Given that Mrs May is, in all probability, about to enjoy a large majority and, domestically at least, a position of considerable power and freedom perhaps on a par with that enjoyed by Tony Blair, Margaret Thatcher or Clement Attlee at their height, this is an uninspiring list of personal preferences.  The theme running through all of them is that they are small-detail, backward-looking issues, revisiting arguments of the past rather than tackling the issues of the present.  They are worthy of a secretary of state at one of the lesser departments perhaps, but hardly the stuff of a prime minister’s agenda, let alone one who expects to be without serious opposition.

And yet there are some very large issues facing the UK which could exercise a prime ministerial mind.  But the electorate will look in vain for Mrs May’s views on the reform and refinancing of the NHS, which everyone knows is needed[1], or her plan for defence, which is underfunded and under-resourced, or how the country will maintain its electricity generating capability as older power stations are decommissioned and capacity dwindles, or, perhaps most importantly of all, how to achieve the triple rebalancing of the economy away from over-centralisation on London, over-concentration on financial services and over-reliance on consumer spending to keep the economy growing.
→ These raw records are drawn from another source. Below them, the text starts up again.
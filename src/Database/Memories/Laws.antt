-- ===== src/Database/Memories/Laws.antt =====
-- Preferences as a map from a user and a key to a value.
use mathlib.Core.Option
use langgraph_temporal_agent.Prelude.{
  some, [], none, refl, arith, ◌∷◌, true, Option, ℕ, List, Bool, ◌≡◌, find?, ◌≢◌, ltb, changed,
  if◌then◌else◌, filter, ap, count, ◌&&◌, update, map, not, find?-holds, find?-update, ◌∙◌,
}
use langgraph_temporal_agent.Text.{Text, text_eq}
use langgraph_temporal_agent.Database.Memories.{
  save_user_memory, get_user_memories, delete_user_memory, is_memory, select_memory, upsert_memory,
  overwritten, order_by_key,
}
use langgraph_temporal_agent.Database.Schema.{UserMemory, Database}
use langgraph_temporal_agent.Database.Sql.{is_some}
use langgraph_temporal_agent.Text.Equality.{text_eq_iff}

abbrev value_of : Option UserMemory → Option Text
value_of none = none
value_of (some m) = some m.memory_value

-- The value that is kept for a user under a key.
unfoldable pub preference : Text → Text → Database → Option Text
preference user_id key db = value_of (select_memory user_id key db)

-- One pair of keys at two rows: a row of the second key is of the first only if the keys agree.
is_memory-agree :
    (u k u' k' : Text) (m : UserMemory)
    → is_memory u' k' m ≡ true
    → is_memory u k m ≡ (text_eq u u' && text_eq k k')
is_memory-agree u k u' k' m h = ground (
  arith,
  h,
  text_eq_iff m.user_id u',
  text_eq_iff m.memory_key k',
  text_eq_iff m.user_id u,
  text_eq_iff m.memory_key k,
  text_eq_iff u u',
  text_eq_iff k k',
)

module _ (now : ℕ) (u k value u' k' : Text) (ms : List UserMemory) where
  overwritten_value :
      (m : UserMemory) (found : Option UserMemory)
      → find? (is_memory u k) ms ≡ some m
      → find? (is_memory u' k') ms ≡ found
      → value_of (Option.map (changed (is_memory u k) (overwritten now value)) found)
        ≡ (if text_eq u u' && text_eq k k' then some value else value_of found)
  overwritten_value m none present e =
      ground (arith, present, e, text_eq_iff u u', text_eq_iff k k')
  overwritten_value m (some x) present e =
      ground (arith, is_memory-agree u k u' k' x (find?-holds (is_memory u' k') ms e))

  value_of-upsert_memory :
      (old : Option UserMemory)
      → find? (is_memory u k) ms ≡ old
      → value_of (find? (is_memory u' k') (upsert_memory now u k value old ms)) ≡ (
          if text_eq u u' && text_eq k k'
          then some value
          else value_of (find? (is_memory u' k') ms))
  value_of-upsert_memory none e = ground arith
  value_of-upsert_memory (some m) e =
      rw (find?-update (is_memory u k) (overwritten now value) (is_memory u' k') ms (λ x. refl))
        (overwritten_value m (find? (is_memory u' k') ms) e refl)

-- After a save the key has the new value for this user; every other key, and every other user, has
-- what it had.
pub preference-save_user_memory :
    (now : ℕ) (user_id key value user' key' : Text) (db : Database)
    → preference user' key' (save_user_memory now user_id key value db).1
      ≡ (if text_eq user_id user' && text_eq key key' then some value else preference user' key' db)
unfolding preference save_user_memory
preference-save_user_memory now user_id key value user' key' db =
    value_of-upsert_memory now user_id key value user' key' db.user_memories
      (select_memory user_id key db) refl

rows_of-update :
    (now : ℕ) (u k value u' : Text) (ms : List UserMemory)
    → u ≢ u'
    → filter (λ m. text_eq m.user_id u') (update (is_memory u k) (overwritten now value) ms)
      ≡ filter (λ m. text_eq m.user_id u') ms
rows_of-update now u k value u' [] ne = refl
rows_of-update now u k value u' (m ∷ ms) ne = ground (
  arith,
  rows_of-update now u k value u' ms ne,
  text_eq_iff m.user_id u,
  text_eq_iff m.user_id u',
)

pub rows_of-upsert_memory :
    (now : ℕ) (u k value u' : Text) (old : Option UserMemory) (ms : List UserMemory)
    → u ≢ u'
    → filter (λ m. text_eq m.user_id u') (upsert_memory now u k value old ms)
      ≡ filter (λ m. text_eq m.user_id u') ms
rows_of-upsert_memory now u k value u' none ms ne = ground (arith, text_eq_iff u u')
rows_of-upsert_memory now u k value u' (some _) ms ne = rows_of-update now u k value u' ms ne

-- Saving a preference of one user leaves the list of another user as it was, in any collation.
pub get_user_memories_private :
    (precedes : Text → Text → Bool) (now : ℕ) (user_id key value user' : Text) (db : Database)
    → user_id ≢ user'
    → get_user_memories precedes user' (save_user_memory now user_id key value db).1
      ≡ get_user_memories precedes user' db
unfolding get_user_memories save_user_memory
get_user_memories_private precedes now user_id key value user' db ne =
    ap (λ ms. map (λ m. (m.memory_key, m.memory_value)) (order_by_key precedes ms))
      (rows_of-upsert_memory now user_id key value user' (select_memory user_id key db)
        db.user_memories ne)

value_of-deleted :
    (u k u' k' : Text) (ms : List UserMemory)
    → value_of (find? (is_memory u' k') (filter (λ m. not (is_memory u k m)) ms))
      ≡ (if text_eq u u' && text_eq k k' then none else value_of (find? (is_memory u' k') ms))
value_of-deleted u k u' k' [] = ground arith
value_of-deleted u k u' k' (m ∷ ms) =
    ground (arith, value_of-deleted u k u' k' ms, is_memory-agree u k u' k' m)

any_deleted :
    (p : UserMemory → Bool) (ms : List UserMemory) → ltb 0 (count p ms) ≡ is_some (find? p ms)
any_deleted p [] = refl
any_deleted p (m ∷ ms) = ground (arith, any_deleted p ms)

-- A delete reports whether there was a row, and afterwards the key has no value; every other key,
-- and every other user, has what it had.
pub preference-delete_user_memory :
    (user_id key user' key' : Text) (db : Database)
    → ((delete_user_memory user_id key db).0 ≡ is_some (preference user_id key db))
      × (preference user' key' (delete_user_memory user_id key db).1
          ≡ (if text_eq user_id user' && text_eq key key' then none else preference user' key' db))
unfolding preference delete_user_memory
preference-delete_user_memory user_id key user' key' db = (
  any_deleted (is_memory user_id key) db.user_memories
      ∙ is_some-value_of (select_memory user_id key db),
  value_of-deleted user_id key user' key' db.user_memories,
)
  where
    is_some-value_of : (o : Option UserMemory) → is_some o ≡ is_some (value_of o)
    is_some-value_of none = refl
    is_some-value_of (some _) = refl
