-- ===== src/Database/Privacy.antt =====
-- A customer's queries see the customer's own orders only, and change no others.
use langgraph_temporal_agent.Prelude.{
  inl, [], inr, some, none, ℕ, List, ◌≡◌, filter, find?, Option, ◌∙◌, ap, find?-filter, sym, ◌≢◌,
  Option-cases, arith, refl,
}
use langgraph_temporal_agent.Text.{Text, text_eq}
use langgraph_temporal_agent.Database.Orders.{
  cancel_order_row, get_order_status_row, CancellationResult, cancel_found,
}
use langgraph_temporal_agent.Database.Schema.{Database, Order, OrderStatus}
use langgraph_temporal_agent.Database.Sql.{select_order, Result, is_order, database_connection}
use langgraph_temporal_agent.Database.Invariant.{IsValid}
use langgraph_temporal_agent.Database.Cancellation.{
  Cancelled, cancel_order_row-Cancelled, missing, refused, done,
}
use langgraph_temporal_agent.Database.Invariant.Lookup.{find?-select_order, select_order-owner}
use langgraph_temporal_agent.Database.Invariant.Status.{find?-set_status_other}

-- The orders of one customer.
abbrev pub orders_of : Text → Database → List Order
orders_of customer_id db = filter (λ o. text_eq o.customer_id customer_id) db.orders

pub select_order-orders_of :
    (n : ℕ) (customer_id : Text) (db : Database)
    → select_order n customer_id db ≡ find? (is_order n) (orders_of customer_id db)
select_order-orders_of n customer_id db =
    find?-filter (is_order n) (λ o. text_eq o.customer_id customer_id) db.orders

-- The answer depends on the row that is found, and on nothing else in the tables.
cancel_found_answer :
    (n : ℕ) (db db' : Database) (found : Option Order)
    → (database_connection (cancel_found n found) db).0
      ≡ (database_connection (cancel_found n found) db').0
unfolding cancel_order_row
cancel_found_answer n db db' none = refl
cancel_found_answer n db db' (some o) = ground arith

cancel_order_row_answer :
    (n : ℕ) (customer_id : Text) (db db' : Database)
    → select_order n customer_id db ≡ select_order n customer_id db'
    → (cancel_order_row n customer_id db).0 ≡ (cancel_order_row n customer_id db').0
unfolding cancel_order_row
cancel_order_row_answer n customer_id db db' e =
    ap (λ found. (database_connection (cancel_found n found) db).0) e
    ∙ cancel_found_answer n db db' (select_order n customer_id db')

-- Two databases with the same orders of this customer give the customer the same status row and
-- the same answer to a cancellation, whatever other customers have ordered.
pub cancel_order_row_private :
    (n : ℕ) (customer_id : Text) (db db' : Database)
    → orders_of customer_id db ≡ orders_of customer_id db'
    → (get_order_status_row n customer_id db ≡ get_order_status_row n customer_id db')
      × ((cancel_order_row n customer_id db).0 ≡ (cancel_order_row n customer_id db').0)
unfolding get_order_status_row
cancel_order_row_private n customer_id db db' e =
    let same : select_order n customer_id db ≡ select_order n customer_id db' =
      select_order-orders_of n customer_id db
      ∙ ap (find? (is_order n)) e
      ∙ sym (select_order-orders_of n customer_id db') in
    (same, cancel_order_row_answer n customer_id db db' same)

select_order_foreign :
    (n : ℕ) (customer_id : Text) (db : Database) {o : Order}
    → IsValid db
    → find? (is_order n) db.orders ≡ some o
    → o.customer_id ≢ customer_id
    → select_order n customer_id db ≡ none
select_order_foreign n customer_id db {o} v e ne =
    elim (Option-cases (select_order n customer_id db)) [
      | inl absent ↦ absent
      | inr (p, present) ↦
          let same = find?-select_order n customer_id db.orders v.orders_distinct present in
          absurd (ne (cc (e, same, (select_order-owner n customer_id db present).1)))
    ]

Cancelled-others :
    (n m : ℕ) (customer_id : Text) (db : Database) {o : Order}
    {out : Result CancellationResult × Database}
    → IsValid db
    → find? (is_order m) db.orders ≡ some o
    → o.customer_id ≢ customer_id
    → Cancelled n customer_id db out
    → find? (is_order m) out.1.orders ≡ some o
Cancelled-others n m customer_id db v e ne (missing _ _ _ _) = e
Cancelled-others n m customer_id db v e ne (refused _ _ _ _ _ _ _ _) = e
Cancelled-others n m customer_id db {o} v e ne (done r p present _ _ _ _) =
    find?-set_status_other OrderStatus.cancelled n m db e (λ same. ne (
      cc (
        find?-select_order n customer_id db.orders v.orders_distinct present,
        rw same at e,
        (select_order-owner n customer_id db present).1,
      )))

-- In valid tables, the cancellation of an order that belongs to another customer is answered as in
-- tables without any order.
pub foreign_order_looks_missing :
    (n : ℕ) (customer_id : Text) (db : Database) {o : Order}
    → IsValid db
    → find? (is_order n) db.orders ≡ some o
    → o.customer_id ≢ customer_id
    → (cancel_order_row n customer_id db).0
      ≡ (cancel_order_row n customer_id (record db { orders = [] })).0
foreign_order_looks_missing n customer_id db {o} v e ne =
    cancel_order_row_answer n customer_id db (record db { orders = [] })
      (select_order_foreign n customer_id db v e ne)

-- In valid tables, a cancellation leaves every order of every other customer as it was.
pub cancel_order_row_others :
    (n m : ℕ) (customer_id : Text) (db : Database) {o : Order}
    → IsValid db
    → find? (is_order m) db.orders ≡ some o
    → o.customer_id ≢ customer_id
    → find? (is_order m) (cancel_order_row n customer_id db).1.orders ≡ some o
cancel_order_row_others n m customer_id db v e ne =
    Cancelled-others n m customer_id db v e ne (cancel_order_row-Cancelled n customer_id db)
A psychologist would understand the thinking driving Mrs May’s revealed preferences.  The UK faces a period of great uncertainty but also great opportunity to effect significant change, but rather than embracing the opportunities to shape the future that her expected large majority would give her, as for example Mr Blair, Mrs Thatcher and Mr Attlee did, her agenda seeks to return to the comfort of a more stable, less complicated past.  And the concern is that this is the agenda of someone not just lacking in vision but also perhaps lacking in confidence, as if she is only now realising the weight of responsibility that is about to fall on her, and is not sure how to bear it.

Mrs May has promised “strong and stable government” and has asked for a large mandate to enable her to provide it.  The electorate is very probably going to give it to her, but in exchange is entitled to ask her back “Given the many major issues facing the country, if we give you this mandate, what exactly are you going to do with it?”

 

[1]               A small but telling insight into the state of the NHS’s equipment is that their computer systems, so badly affected by the recent ransomware attack, were revealed to be largely still running on Windows xp, which was introduced in 2001 and superseded by Microsoft’s next operating system some ten years ago.